Does Your Family Think You Have A Alcohol Problem?

What are the signs that someone may have an issue with their drinking habits? How can family members or friends support someone in making a positive change regarding their alcohol consumption?

In this story, Lynn tells us how a text message from a loved one can be a turning point for someone struggling with alcohol . This post was created for the sober and sober curious looking for relatable, inspiring sober-positive content. The following are Lynn’s experiences, words and opinions.

I had struggled with trying to moderate my drinking for literally decades.
For the last five years of my drinking, I knew in my heart of hearts that
something needed to change but I just couldn’t fess up.
My doctor would say, “You’re blood pressure’s going up.”
“Could that have anything to do with drinking?”, I’d reply, all the while preparing to lie about my drinking consumption.
“How much do you drink?” they’d ask.
“Oh, two glasses a day,” I’d reply (while adding in my head, "if the glass is bottle-sized.")
I knew deep down that my behavior wasn’t OK. But I didn’t yet have the impetus for change.
I was 67 when I finally got sober.
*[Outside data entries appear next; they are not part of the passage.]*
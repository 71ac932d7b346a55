-- ===== src/Protocol/Command.antt =====
-- `Command` of bridge/deskhelm_protocol/model.py: the client's control envelope.
use mathlib.Core.Bool.{not}
use deskhelm.Prelude.{
  ℕ, String, string_eq, false, List, [], ◌∷◌, ◌++◌, Option, none, some, map, leb, all, contains,
  ◌&&◌,
}
use deskhelm.Dict.{lookup, keys}
use deskhelm.Json.{Json, Object, pos, object, array}
use deskhelm.Json.Dumps.{dumps, compact, sort_keys}
use deskhelm.Protocol.Fields.{
  Result, ok, ◌>>=◌, ◌>>◌, require, get, get_or, object_field, int_field, enum_field, text_field,
  identity_field, has_exactly, max_label_chars, max_text_chars,
}
use deskhelm.Protocol.Session.{SessionKey, key_from_object, key_fields}
use deskhelm.Protocol.Request.{Answers, answers_field, is_empty}

pub data CommandKind : Type 0 where
  focus submit_prompt interrupt approve reject answer configure_session : CommandKind

abbrev pub command_values : List (String × CommandKind)
command_values =
    ("focus", CommandKind.focus)
    ∷ ("submit_prompt", CommandKind.submit_prompt)
    ∷ ("interrupt", CommandKind.interrupt)
    ∷ ("approve", CommandKind.approve)
    ∷ ("reject", CommandKind.reject)
    ∷ ("answer", CommandKind.answer)
    ∷ ("configure_session", CommandKind.configure_session)
    ∷ []

-- The checked payload of each kind. A setting may be missing, `None` or a text.
pub data Action : Type 0 where
  focus interrupt : Action
  submit_prompt : String → Action
  approve reject : String → Action
  answer : String → Answers → Action
  configure_session : Option (Option String) → Option (Option String) → Action

unfoldable pub kind_of : Action → CommandKind
kind_of Action.focus = CommandKind.focus
kind_of Action.interrupt = CommandKind.interrupt
kind_of (Action.submit_prompt text) = CommandKind.submit_prompt
kind_of (Action.approve id) = CommandKind.approve
kind_of (Action.reject id) = CommandKind.reject
kind_of (Action.answer id answers) = CommandKind.answer
kind_of (Action.configure_session model effort) = CommandKind.configure_session

pub record Command : Type 0 where
  pub command_id : String
  pub action : Action
  pub target : SessionKey
  pub issued_by : String
  pub issued_at : ℕ
  pub expires_at : ℕ
  pub idempotency_key : String

empty_payload : Object → Action → Result Action
empty_payload payload action = do require (is_empty payload); ok action

prompt_payload : Object → Result Action
prompt_payload payload = do
  require (has_exactly ("text" ∷ []) payload)
  text ← text_field (get payload "text") max_text_chars false
  ok (Action.submit_prompt text)

decision_payload : Object → (String → Action) → Result Action
decision_payload payload decision = do
  require (has_exactly ("approval_id" ∷ []) payload)
  approval_id ← identity_field (get payload "approval_id")
  ok (decision approval_id)

answer_payload : Object → Result Action
answer_payload payload = do
  require (has_exactly ("approval_id" ∷ "answers" ∷ []) payload)
  approval_id ← identity_field (get payload "approval_id")
  answers ← answers_field (get payload "answers")
  ok (Action.answer approval_id answers)

unfoldable pub setting : Option Json → Result (Option (Option String))
setting none = ok none
setting (some Json.null) = ok (some none)
setting (some value) = do text ← text_field value max_label_chars false; ok (some (some text))

configure_payload : Object → Result Action
unfolding setting
configure_payload payload = do
  require (not (is_empty payload) && all (contains ("model" ∷ "effort" ∷ [])) (keys payload))
  model ← setting (lookup "model" payload)
  effort ← setting (lookup "effort" payload)
  ok (Action.configure_session model effort)

-- `_COMMAND_PAYLOADS[kind](payload)`
unfoldable pub action_from : CommandKind → Object → Result Action
unfolding empty_payload prompt_payload decision_payload answer_payload configure_payload
action_from CommandKind.focus payload = empty_payload payload Action.focus
action_from CommandKind.submit_prompt payload = prompt_payload payload
action_from CommandKind.interrupt payload = empty_payload payload Action.interrupt
action_from CommandKind.approve payload = decision_payload payload Action.approve
action_from CommandKind.reject payload = decision_payload payload Action.reject
action_from CommandKind.answer payload = answer_payload payload
action_from CommandKind.configure_session payload = configure_payload payload

unfoldable pub command_from_dict : Json → Result Command
unfolding action_from
command_from_dict value = do
  o ← object_field value
  kind ← enum_field command_values (get o "kind")
  issued_at ← int_field (get o "issued_at") 1
  expires_at ← int_field (get o "expires_at") 1
  require (not (leb expires_at issued_at))
  payload ← object_field (get_or o "payload" (object []))
  action ← action_from kind payload
  command_id ← identity_field (get o "command_id")
  target ← key_from_object o
  issued_by ← identity_field (get o "issued_by")
  idempotency_key ← identity_field (get o "idempotency_key")
  ok (record {
    command_id = command_id;
    action = action;
    target = target;
    issued_by = issued_by;
    issued_at = issued_at;
    expires_at = expires_at;
    idempotency_key = idempotency_key;
  })

unfoldable pub kind_value : Action → String
kind_value Action.focus = "focus"
kind_value Action.interrupt = "interrupt"
kind_value (Action.submit_prompt text) = "submit_prompt"
kind_value (Action.approve id) = "approve"
kind_value (Action.reject id) = "reject"
kind_value (Action.answer id answers) = "answer"
kind_value (Action.configure_session model effort) = "configure_session"

setting_json : Option String → Json
setting_json none = Json.null
setting_json (some text) = Json.str text

setting_member : String → Option (Option String) → Object
unfolding setting_json
setting_member name none = []
setting_member name (some value) = (name, setting_json value) ∷ []

unfoldable pub answers_json : Answers → Json
answers_json answers = object (map (λ p. (p.0, array (map Json.str p.1))) answers)

unfoldable pub payload_fields : Action → Object
unfolding setting_member answers_json
payload_fields Action.focus = []
payload_fields Action.interrupt = []
payload_fields (Action.submit_prompt text) = ("text", Json.str text) ∷ []
payload_fields (Action.approve id) = ("approval_id", Json.str id) ∷ []
payload_fields (Action.reject id) = ("approval_id", Json.str id) ∷ []
payload_fields (Action.answer id answers) =
    ("approval_id", Json.str id) ∷ ("answers", answers_json answers) ∷ []
payload_fields (Action.configure_session model effort) =
    setting_member "model" model ++ setting_member "effort" effort

unfoldable pub command_fields : Command → Object
unfolding payload_fields kind_value key_fields
command_fields c =
    ("command_id", Json.str c.command_id)
      ∷ ("kind", Json.str (kind_value c.action))
      ∷ key_fields c.target
    ++ (("issued_by", Json.str c.issued_by)
        ∷ ("issued_at", Json.int (pos c.issued_at))
        ∷ ("expires_at", Json.int (pos c.expires_at))
        ∷ ("idempotency_key", Json.str c.idempotency_key)
        ∷ ("payload", object (payload_fields c.action))
        ∷ [])

-- `json.dumps(self.to_dict(), sort_keys=True, separators=(",", ":"))`
unfoldable pub canonical : Command → String
unfolding command_fields dumps sort_keys
canonical c = dumps compact (sort_keys (object (command_fields c)))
The event that got me to finally make a change was a text from my oldest daughter. She said, “Mom, I am so concerned about your drinking. On our FaceTime last night, you were slurring and repeating yourself. You were not making sense to the point that my son asked, ‘What is wrong with Grandma?’”
I don’t know if that would be considered a rock bottom for most people, but it was for me because when I got that text I thought what is she talking about? I had no recollection of our conversation and had to check my phone to see that we had a 20-minute FaceTime the night before.
I had been struggling for so long that I think, perhaps, all I needed was for someone precious to me to put a mirror up to my face and say, “Don’t hide: look at the truth.”
That was the day I decided things were going to change. 

At the time I thought that the timing was terrible because my husband and I were getting ready to leave on a 10-week, 30-state, 15,000-mile road trip. As it turned out, quitting just before the trip was genius because it got me out of my day-to-day routines and into a whole new experience in life. I was always going to be documenting my road trip on Instagram and then I decided that I would share about my choice to be sober as well. 

It turned out to be an amazing trip. 

I'm so grateful to my family for being my mirror and for being honest with me about their experience of me. I have a much better life today because of it.